# Bom Ano 2009



## algarvio1980 (30 Dez 2008 às 21:09)

O ano novo que aproxima-se seja melhor que 2008, este ano não correu tão bem, como eu tinha planeado, mas 2009 penso que correrá melhor a todos os níveis. 

Por isso, desejo ao Administrador, e a todos os moderadores e membros deste fórum que seja um ano cheio de acontecimentos, e um ano cheio de saúde, paz, dinheiro, amor, paz e claro, a continuação deste magnífico fórum.

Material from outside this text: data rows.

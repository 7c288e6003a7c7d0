-- ===== src/TodyTasks/Actions/Sent.antt =====
-- What the operations of app/agents/tody_task_actions.py send to the TODY client.
use mathlib.Core.Option.{some-injective}
use tachy_cognitive_ai_agent.Common.{
  ℕ, ◌≤◌, ◌<◌, ◌≡◌, refl, Bool, true, false, Option, none, some, List, [], ◌∷◌, arith,
  if◌then◌else◌, length, length-take, All, Bool-cases, Option-cases, ◌⊎◌, inl, inr,
}
use tachy_cognitive_ai_agent.Common.Int.{ℤ, pos_part}
use tachy_cognitive_ai_agent.Common.Text.{codes, one_of, text_eq, lower, strip, squeeze}
use tachy_cognitive_ai_agent.Safety.World.{returned, attribute_error, handler_error}
use tachy_cognitive_ai_agent.TodyTasks.{
  Settings, TaskParams, Payload, personal_task, priorities, statuses, is_in, clean_text, or_text,
  add_guardian, watch_group, watch, new_payload, titled, prepare_create_payload, priority_of,
  NewTask, Call, create_task, my_tasks, comment_task, update_task_status, search_username, Client,
  World, M, Answer, answered, tody_error, other_error, tody_task_created, tody_task_commented,
  tody_task_status_updated, Created, task_dict, plain_dict, no_dict,
}
use tachy_cognitive_ai_agent.TodyTasks.Ids.{IsClean, add_id-IsClean, parse_ids_lem, is_in-add_id}
use tachy_cognitive_ai_agent.TodyTasks.Preview.{enforce-prepare}
use tachy_cognitive_ai_agent.TodyTasks.Actions.{
  Reply, disabled, tody_failed, empty_comment, invalid_status, created, listed, commented, updated,
  created_id, after_create, send_task, create_prepared, do_create_task, has_fields, after_list,
  do_list_tasks, after_comment, comment_text, do_comment_task, after_update, update_to,
  do_update_status, normalize_status, new_task,
}
use tachy_cognitive_ai_agent.TodyTasks.Actions.Adds.{
  Adds, Adds-pure, Adds-raise, Adds-log_event, Adds-ask, Adds-bind,
}

-- What the agent may ask of TODY: a new task has a title of at most 180 characters, one of the four
-- priorities and distinct, positive assignees, of whom the guardian is one if it is a group's; a
-- comment has from 1 to 1000 characters; a status is one of the five.
pub record IsSound (guardian : ℕ) (t : NewTask) : Type 0 where
  pub title_bounds : (1 ≤ length t.title) × (length t.title ≤ 180)
  pub priority : one_of priorities t.priority ≡ true
  pub assignees : IsClean t.assignee_ids
  pub watched : (t.group_id ≡ none) ⊎ (is_in guardian t.assignee_ids ≡ true)

abbrev pub IsProper : ℕ → Call → Type 0
IsProper guardian (create_task t) = IsSound guardian t
IsProper guardian (my_tasks group_id) = Unit
IsProper guardian (comment_task task_id text) = (1 ≤ length text) × (length text ≤ 1000)
IsProper guardian (update_task_status task_id status notes) = one_of statuses status ≡ true
IsProper guardian (search_username name) = Unit

clean_text-le : (value : List ℕ) (n : ℕ) → length (clean_text value n) ≤ n
unfolding clean_text
clean_text-le value n = omega (arith, length-take {0} n (strip (squeeze value)))

medium_is_one : one_of priorities (codes "medium") ≡ true
unfolding one_of text_eq
medium_is_one = refl

test_or_default :
    (b : Bool) (x y : List ℕ)
    → one_of priorities x ≡ b
    → one_of priorities y ≡ true
    → one_of priorities (if b then x else y) ≡ true
test_or_default true x y h k = h
test_or_default false x y h k = k

priority_of_lem : (value : List ℕ) → one_of priorities (priority_of value) ≡ true
unfolding priority_of
priority_of_lem value =
    let priority = lower (strip (or_text value (codes "medium"))) in
    test_or_default (one_of priorities priority) priority (codes "medium") refl medium_is_one

module _ (s : Settings) (forced : s.force_rohit_watcher ≡ true)
    (known : 0 < pos_part s.rohit_user_id) where
  watch_lem :
      (b : Payload)
      → ((watch s b ≡ record b { watcher_warning = some personal_task }) × (b.group_id ≡ none))
        ⊎ (watch s b ≡ add_guardian (pos_part s.rohit_user_id) b)
  unfolding watch watch_group
  watch_lem b = elim (Option-cases b.group_id) [
    | inl none' ↦ inl (ground (arith, forced, none'), none')
    | inr (group, g) ↦ inr (ground (arith, forced, known, g))
  ]

  prepared-IsSound :
      (p : TaskParams) (c : ℕ) (t : List ℕ)
      → length (c ∷ t) ≤ 180
      → IsSound (pos_part s.rohit_user_id) (new_task (watch s (new_payload s p (c ∷ t))))
  unfolding add_guardian new_payload new_task
  prepared-IsSound p c t h =
      let b = new_payload s p (c ∷ t) in
      let (d, ps, _) = parse_ids_lem p.assignee_ids in
      elim (watch_lem b) [
        | inl (e, none') ↦ rw e (record {
          title_bounds = omega arith;
          priority = priority_of_lem p.priority;
          assignees = (d, ps);
          watched = inl none';
        })
        | inr e ↦ rw e (record {
          title_bounds = omega arith;
          priority = priority_of_lem p.priority;
          assignees =
              add_id-IsClean (some (pos_part s.rohit_user_id)) _
                (λ n q. rw (← some-injective _ _ q) known) (d, ps);
          watched = inr (is_in-add_id (pos_part s.rohit_user_id) b.assignee_ids);
        })
      ]

pub data Op : Type 0 where
  create : TaskParams → Op
  list : Option ℤ → Op
  comment : ℤ → List ℕ → Op
  update : ℤ → List ℕ → Option (List ℕ) → Op

module _ (C : Client) (s : Settings) where
  unfoldable pub run_op : Op → M Reply
  run_op (create params) = do_create_task C s params
  run_op (list group_id) = do_list_tasks C s group_id
  run_op (comment task_id body) = do_comment_task C s task_id body
  run_op (update task_id status notes) = do_update_status C s task_id status notes

  -- One operation after the other, whatever each comes to.
  unfoldable pub run_ops : List Op → World → World
  run_ops [] w = w
  run_ops (op ∷ ops) w = run_ops ops (run_op op w).1

module _ (C : Client) (P : Call → Type 0) where
  Adds-has_fields : (b : Bool) (r : Reply) → Adds P (has_fields C b r)
  unfolding has_fields
  Adds-has_fields true r = Adds-pure P r
  Adds-has_fields false r = Adds-raise P attribute_error

  Adds-created_id : (b : Created) → Adds P (created_id C b)
  unfolding created_id
  Adds-created_id (task_dict id) = Adds-pure P id
  Adds-created_id (plain_dict id) = Adds-pure P id
  Adds-created_id no_dict = Adds-raise P attribute_error

  Adds-after_create : (p : Payload) (a : Answer Created) → Adds P (after_create C p a)
  unfolding after_create
  Adds-after_create p (answered b) =
      Adds-bind P _ _ (Adds-created_id b) λ id.
        Adds-bind P _ _ (Adds-log_event P (tody_task_created id p)) λ _. Adds-pure P (created p)
  Adds-after_create p tody_error = Adds-pure P tody_failed
  Adds-after_create p other_error = Adds-raise P handler_error

  Adds-after_list : (a : Answer Bool) → Adds P (after_list C a)
  unfolding after_list
  Adds-after_list (answered b) = Adds-has_fields b listed
  Adds-after_list tody_error = Adds-pure P tody_failed
  Adds-after_list other_error = Adds-raise P handler_error

  Adds-after_comment : (i : ℤ) (text : List ℕ) (a : Answer Bool) → Adds P (after_comment C i text a)
  unfolding after_comment
  Adds-after_comment i text (answered b) =
      Adds-bind P _ _ (Adds-log_event P (tody_task_commented i))
        λ _. Adds-has_fields b (commented text)
  Adds-after_comment i text tody_error = Adds-pure P tody_failed
  Adds-after_comment i text other_error = Adds-raise P handler_error

  Adds-after_update :
      (i : ℤ) (status : List ℕ) (a : Answer Bool) → Adds P (after_update C i status a)
  unfolding after_update
  Adds-after_update i status (answered b) =
      Adds-bind P _ _ (Adds-log_event P (tody_task_status_updated i status))
        λ _. Adds-has_fields b (updated status)
  Adds-after_update i status tody_error = Adds-pure P tody_failed
  Adds-after_update i status other_error = Adds-raise P handler_error

module _ (C : Client) (guardian : ℕ) where
  Adds-comment_text :
      (i : ℤ) (text : List ℕ)
      → length text ≤ 1000
      → Adds (IsProper guardian) (comment_text C i text)
  unfolding comment_text
  Adds-comment_text i [] h = Adds-pure (IsProper guardian) empty_comment
  Adds-comment_text i (c ∷ text) h =
      Adds-bind (IsProper guardian) _ _
        (Adds-ask (IsProper guardian) (comment_task i (c ∷ text)) C.comment (omega arith, h))
        λ a. Adds-after_comment C (IsProper guardian) i (c ∷ text) a

  Adds-update_to :
      (i : ℤ) (notes : Option (List ℕ)) (status : List ℕ)
      → Adds (IsProper guardian) (update_to C i notes status)
  unfolding update_to
  Adds-update_to i notes status = elim (Bool-cases (one_of statuses status)) [
    | inl e ↦
        rw (e, update_to)
          (Adds-bind (IsProper guardian) _ _
            (Adds-ask (IsProper guardian) (update_task_status i status notes) C.update e)
            λ a. Adds-after_update C (IsProper guardian) i status a)
    | inr e ↦ rw (e, update_to) (Adds-pure (IsProper guardian) invalid_status)
  ]

  Adds-send_task :
      (p : Payload) → IsSound guardian (new_task p) → Adds (IsProper guardian) (send_task C p)
  unfolding send_task
  Adds-send_task p h =
      Adds-bind (IsProper guardian) _ _
        (Adds-ask (IsProper guardian) (create_task (new_task p)) (λ cs. C.create cs (new_task p)) h)
        λ a. Adds-after_create C (IsProper guardian) p a

module _ (C : Client) (s : Settings) (forced : s.force_rohit_watcher ≡ true)
    (known : 0 < pos_part s.rohit_user_id) where
  create_prepared_lem :
      (params : TaskParams) (p : Payload) (w : World)
      → prepare_create_payload s params ≡ some p
      → create_prepared C s (some p) w ≡ send_task C p w
  unfolding create_prepared
  create_prepared_lem params p w e = ground (arith, enforce-prepare C s known params p w e)

  create_prepared_at :
      (params : TaskParams) (o : Option Payload) (w : World)
      → prepare_create_payload s params ≡ o
      → ((p : Payload) → o ≡ some p → IsSound (pos_part s.rohit_user_id) (new_task p))
      → All (IsProper (pos_part s.rohit_user_id)) w.calls
      → All (IsProper (pos_part s.rohit_user_id)) (create_prepared C s o w).1.calls
  unfolding create_prepared
  create_prepared_at params none w e sound h = h
  create_prepared_at params (some p) w e sound h =
      rw (create_prepared_lem params p w e)
        ((Adds-send_task C (pos_part s.rohit_user_id) p (sound p refl)).at w h)

  prepare-IsSound :
      (params : TaskParams) (title : List ℕ)
      → length title ≤ 180
      → (p : Payload) → titled s params title ≡ some p
      → IsSound (pos_part s.rohit_user_id) (new_task p)
  unfolding titled
  prepare-IsSound params [] b p h = absurd (cc h)
  prepare-IsSound params (c ∷ t) b p h =
      rw (← some-injective _ _ h) (prepared-IsSound s forced known params c t b)

  Adds-do_create_task :
      (params : TaskParams) → Adds (IsProper (pos_part s.rohit_user_id)) (do_create_task C s params)
  unfolding do_create_task prepare_create_payload
  Adds-do_create_task params = record {
    at = λ w h. elim (Bool-cases s.tasks_enabled) [
      | inl e ↦
          let k : do_create_task C s params w
              ≡ create_prepared C s (prepare_create_payload s params) w =
            ground (arith, e) in
          rw k (
            create_prepared_at params (prepare_create_payload s params) w refl
              (prepare-IsSound params (clean_text params.title 180)
                (clean_text-le params.title 180))
              h)
      | inr e ↦
          let k : do_create_task C s params w ≡ (returned disabled, w) = ground (arith, e) in rw k h
    ];
  }

  Adds-run_op : (op : Op) → Adds (IsProper (pos_part s.rohit_user_id)) (run_op C s op)
  unfolding run_op do_list_tasks do_comment_task do_update_status
  Adds-run_op (create params) = Adds-do_create_task params
  Adds-run_op (list group_id) = elim (Bool-cases s.tasks_enabled) [
    | inl e ↦
        rw (e, do_list_tasks)
          (Adds-bind _ _ _
            (Adds-ask (IsProper (pos_part s.rohit_user_id)) (my_tasks group_id) C.list tt)
            (Adds-after_list C (IsProper (pos_part s.rohit_user_id))))
    | inr e ↦ rw (e, do_list_tasks) (Adds-pure _ disabled)
  ]
  Adds-run_op (comment task_id body) = elim (Bool-cases s.tasks_enabled) [
    | inl e ↦
        rw (e, do_comment_task)
          (Adds-comment_text C (pos_part s.rohit_user_id) task_id (clean_text body 1000)
            (clean_text-le body 1000))
    | inr e ↦ rw (e, do_comment_task) (Adds-pure _ disabled)
  ]
  Adds-run_op (update task_id status notes) = elim (Bool-cases s.tasks_enabled) [
    | inl e ↦
        rw (e, do_update_status)
          (Adds-update_to C (pos_part s.rohit_user_id) task_id notes (normalize_status status))
    | inr e ↦ rw (e, do_update_status) (Adds-pure _ disabled)
  ]

  -- Where the guardian is to watch every task and his id is configured, the agent asks TODY for
  -- nothing but what is proper, whatever operations are called with whatever arguments, and whatever
  -- the client answers.
  pub run_ops-IsProper :
      (ops : List Op) (w : World)
      → All (IsProper (pos_part s.rohit_user_id)) w.calls
      → All (IsProper (pos_part s.rohit_user_id)) (run_ops C s ops w).calls
  unfolding run_ops
  run_ops-IsProper [] w h = h
  run_ops-IsProper (op ∷ ops) w h = run_ops-IsProper ops _ ((Adds-run_op op).at w h)

disabled_op :
    (C : Client) (s : Settings) (op : Op) (w : World)
    → s.tasks_enabled ≡ false
    → (run_op C s op w).1 ≡ w
unfolding run_op do_create_task do_list_tasks do_comment_task do_update_status
disabled_op C s (create params) w h = ground (arith, h)
disabled_op C s (list group_id) w h = ground (arith, h)
disabled_op C s (comment task_id body) w h = ground (arith, h)
disabled_op C s (update task_id status notes) w h = ground (arith, h)

-- Where task actions are switched off, no operation reaches the client or the audit log: nothing
-- happens at all.
pub disabled_is_silent :
    (C : Client) (s : Settings) (ops : List Op) (w : World)
    → s.tasks_enabled ≡ false
    → run_ops C s ops w ≡ w
unfolding run_ops
disabled_is_silent C s [] w h = refl
disabled_is_silent C s (op ∷ ops) w h =
    let k : (run_op C s op w).1 ≡ w = disabled_op C s op w h in
    rw k (disabled_is_silent C s ops w h)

E como aqui existem alguns poetas, hoje inspirei e cá vai.

*Poema de Ano Novo*

Quando as tempestades da vida 
Surgem escuras à minha frente, 
Me recordo de maravilhosas palavras
Que uma vez eu li. 
E digo a mim mesmo: 
Quando pairarem nuvens ameaçadoras, 
Não dobre suas asas 
E não fuja para o abrigo. 

Mas, faça como a águia,
Abra largamente as suas asas 
E descole para bem alto, 
Acima dos problemas que a vida traz. 

Pois a águia sabe 
Que quanto mais alto voar,
Mais tranqüilos e mais brilhantes 
Tornam-se os céus. 

E não há nada na vida 
Que Deus nos peça para carregar
Que nós não possamos levar planando
Com as asas da oração. 

E ao olhar para trás 
Verá que a tempestade passou, 
Você encontrará novas forças 
E ganhará coragem também. 

Feliz 2009 a todos!!!


----------



## JoãoPT (31 Dez 2008 às 00:23)

*FELIZ ANO NOVO A TODOS*

*MUITAS FELICIDADES E DESEJOS CONCRETIZADOS*


----------



## Gilmet (31 Dez 2008 às 00:31)

Bem, visto que já entrámos no último dia deste ano de 2008, resta-me desejar a Todos, Umas excelentes Entradas, na companhia dos que Amam!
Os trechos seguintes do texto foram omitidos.